Ну и что же? Родился ты как раз в ильин день, когда страда ржаная заканчивалась. Убирали рожь, значит. Все лето было сухое. Рожь была плохая, да и та осыпалась, дак не только мужики и бабы вышли в поле, но и старики, и старухи, и дети малые. В страду-то вся деревня будто вымирает. Никого нет, все дома пустые. Никто не ходит и не ездит. На улице, на дороге пыль лежит, чистый бархат. Собаки не увидишь, не то что человека какого.
Вообще-то на ильин день у нас в поле прежде не работали. Вся деревня гуляла. А тут глянь - рожь осыпается. Делать нечего, пошли-повалили. И Серафима пошла, хотя тяжелая была, все знали. Кланялась она, кланялась ржи - матушке-кормилице, мучилась.
Дак ведь известное дело наше бабье: в первые дни, как начнешь жать, поясница болит, разламывается, а вожнешься, так ничего. Вот будто и ничего, жнет баба и жнет, и горя мало. А потом, когда уже совсем знойко стало, смотрю, взяла мати-то твоя да упала. Ты тут и закричал на все поле, такой горластый был. Живучий, думаю.
И вот, гляди, положили тебя на солому. Потому тебе все-то бог и дает - и разуму и веселья, - что ты на первой соломе родился, на ильинской перине спал. Знамо дело, ильинская солома - первеющая деревенская постель. К тому же новиной белой, совсем новехонькой покрыт был - Серафима, та в единоличной жизни ткать любила, мастерица была.

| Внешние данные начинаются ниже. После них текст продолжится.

-- ===== src/Reorg/Processor/Settled.antt =====
-- The status and the statistics after an event of internal/reorg/processor.go.
use smart_scanner.Common.{
  ℕ, ◌+◌, ◌≡◌, refl, sym, ap, ◌∙◌, Bool, true, false, Option, none, some, arith, Outcome, ok, err,
  is_ok, if◌then◌else◌, length,
}
use mathlib.Core.Bool.{true≢false}
use smart_scanner.Types.{ReorgEvent}
use smart_scanner.Storage.{Storage}
use smart_scanner.Reorg.Processor.Steps.{steps}
use smart_scanner.Reorg.Processor.Run.{
  Processing, ProcessorConfig, ProcessingStatus, ProcessorStatistics, EventError, run_steps,
  process_event, update_processing_step, clear_processing_status, update_statistics, count_result,
  begin, finish,
}
use smart_scanner.Reorg.Processor.Loop.{
  run_steps-statistics, run_steps-status, is_some, update_processing_step-is_some,
}

module _ (st : Storage) where
  -- The chain is not being processed, and no step is under way.
  abbrev pub Settled : Option ProcessingStatus → Type 0
  Settled none = ⊥
  Settled (some status) = (status.is_processing ≡ false) × (status.current_step ≡ "")

  clear_processing_status-Settled :
      (now : ℕ) (o : Option ProcessingStatus)
      → is_some st o ≡ true
      → Settled (clear_processing_status now o)
  unfolding clear_processing_status
  clear_processing_status-Settled now none e = true≢false (sym e)
  clear_processing_status-Settled now (some status) e = (refl, refl)

  finish-Settled :
      (config : ProcessorConfig) (started finished : ℕ) (event : ReorgEvent)
      (r : Outcome EventError (Unit {0})) (p : Processing st)
      → is_some st p.status ≡ true
      → Settled
          (clear_processing_status finished (finish st config started finished event r p).status)
  unfolding finish
  finish-Settled config started finished event (ok u) p e =
      clear_processing_status-Settled finished (update_processing_step "completed" (1, 1) p.status)
        (update_processing_step-is_some st "completed" (1, 1) p.status ∙ e)
  finish-Settled config started finished event (err x) p e =
      clear_processing_status-Settled finished p.status e

  -- After `processEvent`, successful or not, the chain is not being processed and no step is under
  -- way.
  pub process_event-Settled :
      (config : ProcessorConfig) (locked : Bool) (started finished : ℕ) (event : ReorgEvent)
      (p : Processing st)
      → Settled (process_event st config locked started finished event p).1.status
  unfolding process_event
  process_event-Settled config locked started finished event p =
      let table = steps st locked finished in
      let r = run_steps st 0 (length table) table event (begin st started p) in
      finish-Settled config started finished event r.0 r.1
        (run_steps-status st 0 (length table) table event (begin st started p))

  -- The numbers of processed and of failed events.
  abbrev pub counts : Option ProcessorStatistics → ℕ × ℕ
  counts none = (0, 0)
  counts (some stats) = (stats.total_processed, stats.total_failed)

  finish-counts :
      (config : ProcessorConfig) (started finished : ℕ) (event : ReorgEvent)
      (r : Outcome EventError (Unit {0})) (p : Processing st)
      → counts (finish st config started finished event r p).statistics ≡ (
          if is_ok r
          then ((counts p.statistics).0 + 1, (counts p.statistics).1)
          else counts p.statistics)
  unfolding finish update_statistics count_result
  finish-counts config started finished event (err e) p = refl
  finish-counts config started finished event (ok u) p = ground arith

  -- A processed event is counted as processed, and a failed one is not counted at all: the number
  -- of failed events never changes.
  pub process_event-counts :
      (config : ProcessorConfig) (locked : Bool) (started finished : ℕ) (event : ReorgEvent)
      (p : Processing st)
      → let r = process_event st config locked started finished event p in
        counts r.1.statistics ≡ (
          if is_ok r.0
          then ((counts p.statistics).0 + 1, (counts p.statistics).1)
          else counts p.statistics)
  unfolding process_event
  process_event-counts config locked started finished event p =
      let table = steps st locked finished in
      let r = run_steps st 0 (length table) table event (begin st started p) in
      let kept = run_steps-statistics st 0 (length table) table event (begin st started p) in
      finish-counts config started finished event r.0 r.1
      ∙ ap (λ s. if is_ok r.0 then ((counts s).0 + 1, (counts s).1) else counts s)
          (ap (λ x. x.0) kept)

В тот ильин день до обеду жарко было, первый гром страсть как грохотал. А после обеду будто осень началась. Сначала тучи-то на небе все по ветру шли, а тут против ветру поплыли, испугали всех. Вот когда к вечеру с поля пошли, проливной хлынул. У нас ведь ильинским-то дождем каждый умыться норовит - от призору да болезней хранит. И тебя приоткрыли, когда несли, тоже водой из-под грозы окатили, чтобы здоров был.
Это ведь сейчас их, паразитов (так бабушка называла своих правнуков), тетешкают. Раньше-то куды проще было: здоровый - так жив будет, а больной - так туды ему и дорога, прости меня, господи.
Вечером, помню, баранью голову на стол поставили. Не для тебя, конечно, припасли, не подумай, да пригодилась - все какой-никакой человек родился. А ночью от грозы Содомовцы загорелись - вот страху было!
Ты ведь мне больно дорог! Я, а никто другой, принимала тебя, пуповину перегрызла сама. Бабы-то, бестолковые, серп подают мне. А я вот этими самыми. - Тут бабка Парашкева открывала рот и пальцем тыкала в остатки того, что некогда называлось зубами. - Только они тогда, не подумай, были крепкие да белые, будто репа".